The Codex rescue: when the handoff prompt is the product

For two weeks I had been trying to fix a PnL bug in a prediction-market analysis pipeline. The reported PnL disagreed with the Polymarket ground truth for many traders, and the gaps were not small: for one address the scored figure was $32.8M against an actual -$8.3M. I had been debugging with Claude Code the whole time, and the sessions had turned into an expensive merry-go-round: a plausible hypothesis, a partial fix, a fresh anomaly, another hypothesis.

At some point I gave up and switched to Codex. What I want to note is not that Codex is better — I am not convinced it generally is — but that the thing that actually worked was the handoff prompt, not the model.

What I wrote

The first message I sent Codex was, in effect, an incident postmortem. It opened with:

For the last two weeks, I’ve been trying to fix a recalcitrant bug […] I’ve been debugging with Claude Code, but Claude’s performance has been atrocious. I am hoping that you can do better.

Then four sections, in this order:

Why it’s a full rebuild. Pointed at the exact commit (36269eb) that bumped PIPELINE_VERSION from 1 to 2, quoted the runtime line where _can_run_incremental() logs pipeline version mismatch (stored=1, current=2). Falling back to full rebuild., and noted that the bump was technically correct because mint_cost had changed formula.
Per-step timing, instrumented in the session I had just killed.

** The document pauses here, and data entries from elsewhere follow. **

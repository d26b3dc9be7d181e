-- ===== src/TaskRepo/Invariant/Reviving.antt =====
-- A retried task and a stored summary keep the tables consistent.
use mathlib.Core.Path.{subst}
use get_magnet.Common.{
  ℕ, ◌<◌, ◌==◌, ◌≡◌, refl, sym, ◌∙◌, true, ◌&&◌, List, Ensures, Ensures-guard, Ensures-or_fail,
  Ensures->>=, first-update, succeeds, arith, All-map, All-update, All-update_to, All-map_both, inl,
  inr, Option-cases, first_meets,
}
use get_magnet.Table.Status.{is_active_run, is_retryable_run}
use get_magnet.Table.Rows.{CrawlTask, WorkflowRun}
use get_magnet.TaskRepo.Invariant.{IsConsistent, IsRow, SameNumbers-refl, amend-IsConsistent}
use get_magnet.TaskRepo.Invariant.Keys.{keyed_unique}
use get_magnet.TaskRepo.Invariant.Runs.{IsRow-runs, run_is_active-update}
use get_magnet.TaskRepo.Retry.{
  revive_run, revived_runs, summary_row, retryable_run, retry_task, retry_limit, revive,
  is_failed_id, update_run_summary,
}
use get_magnet.TaskRepo.Store.{Db, run_is_active, find_task, find_run, JsonText}

pub update_run_summary-IsConsistent :
    (run_id : ℕ) (summary : JsonText) (db : Db)
    → IsConsistent db
    → Ensures IsConsistent (update_run_summary run_id summary db)
unfolding update_run_summary
update_run_summary-IsConsistent run_id summary db v = Ensures-guard _ λ named. succeeds (record {
  rows =
      All-map
        (λ t r.
          IsRow-runs db.runs _ t
            (run_is_active-update (λ r. (r.id == run_id) && is_active_run r.status)
              (summary_row summary) (λ r. refl) (λ r c h. h) t.run_id db.runs)
            r)
        db.tasks v.rows;
  numbered = v.numbered;
  distinct = v.distinct;
  fresh_tasks = v.fresh_tasks;
  fresh_attempts = v.fresh_attempts;
  fresh_runs =
      All-update (λ r. r.id < db.next_run_id) (λ r. (r.id == run_id) && is_active_run r.status)
        (summary_row summary) (λ r c p. p) db.runs v.fresh_runs;
})

revived-active :
    (id : ℕ) (db : Db)
    → retryable_run id db ≡ true
    → run_is_active id (revived_runs id db.runs) ≡ true
revived-active id db h =
    rw
      (first-update (λ r. r.id == id) (λ r. (r.id == id) && is_retryable_run r.status) revive_run
        (λ r. refl) db.runs)
      (elim (Option-cases (find_run id db)) [
        | inl e ↦ absurd (ground arith)
        | inr (r, e) ↦ rw e (ground (arith, first_meets (λ r. r.id == id) db.runs {x = r} e))
      ])

revive-IsRow :
    (runs runs' : List WorkflowRun) (now id : ℕ) (t : CrawlTask)
    → run_is_active t.run_id runs' ≡ true
    → is_failed_id id t ≡ true
    → IsRow runs t
    → IsRow runs' (revive now (retry_limit t) t)
unfolding retry_limit
revive-IsRow runs runs' now id t active failed r = record {
  live = λ _. active;
  leased = ground (arith, r.leased);
  capped = ground (arith, r.capped);
}

-- The retried task must be the one that was read: the new limit is made from its count.
pub retry_task-IsConsistent :
    (early : Db) (now id : ℕ) (db : Db)
    → find_task id early ≡ find_task id db
    → IsConsistent db
    → Ensures IsConsistent (retry_task early now id db)
unfolding retry_task
retry_task-IsConsistent early now id db current v = Ensures-or_fail _ λ task read.
    Ensures-guard _ λ was. Ensures-guard _ λ retryable. Ensures->>= λ budget known.
      Ensures-guard _ λ in_time. Ensures-guard _ λ failed. succeeds (
        amend-IsConsistent db _ (is_failed_id id) (revive now (retry_limit task)) (λ t. refl)
          (λ t. refl) refl (SameNumbers-refl _) refl
          (All-update (λ r. r.id < db.next_run_id)
            (λ r. (r.id == task.run_id) && is_retryable_run r.status) revive_run (λ r c p. p)
            db.runs v.fresh_runs)
          (All-update_to {P = λ t. IsRow db.runs t × (t.id ≡ id → t ≡ task)} (is_failed_id id)
            (revive now (retry_limit task))
            (λ t hit p.
              let same : t ≡ task = p.1 (ground (arith, hit)) in
              subst (λ u. IsRow (revived_runs task.run_id db.runs) (revive now (retry_limit u) t))
                same
                (revive-IsRow db.runs _ now id t
                  (subst (λ u. run_is_active u.run_id (revived_runs task.run_id db.runs) ≡ true)
                    (sym same) (revived-active task.run_id db retryable))
                  hit p.0))
            (λ t miss p.
              IsRow-runs db.runs _ t
                (run_is_active-update (λ r. (r.id == task.run_id) && is_retryable_run r.status)
                  revive_run (λ r. refl) (λ r c h. refl) t.run_id db.runs)
                p.0)
            db.tasks
            (All-map_both (λ t r u. (r, u)) db.tasks v.rows
              (keyed_unique id (λ t. t.id == id) (λ t h. ground arith) db.tasks v.distinct
                (sym current ∙ read))))
          v)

A table of the twelve pipeline steps with their wall times: step 5 at 5h 15m, step 6 at 4h 55m, step 8 at 2h 33m, step 9 still running past four hours. Totalling more than 40h.
Architecture problem. The pipeline had exactly two modes, incremental and full rebuild. A one-line semantic change in a mid-pipeline step forced everything to redo, including the five hours of phantom-sell reconstruction that had nothing to do with mint_cost. I laid out which steps the change actually invalidated (5b, 6, maybe 9–12) and which it did not (5, 7, 8).
Workaround built this session. A per-trader verification script that reconstructed PnL directly from raw data in 30–60 seconds and bypassed the pipeline tables entirely.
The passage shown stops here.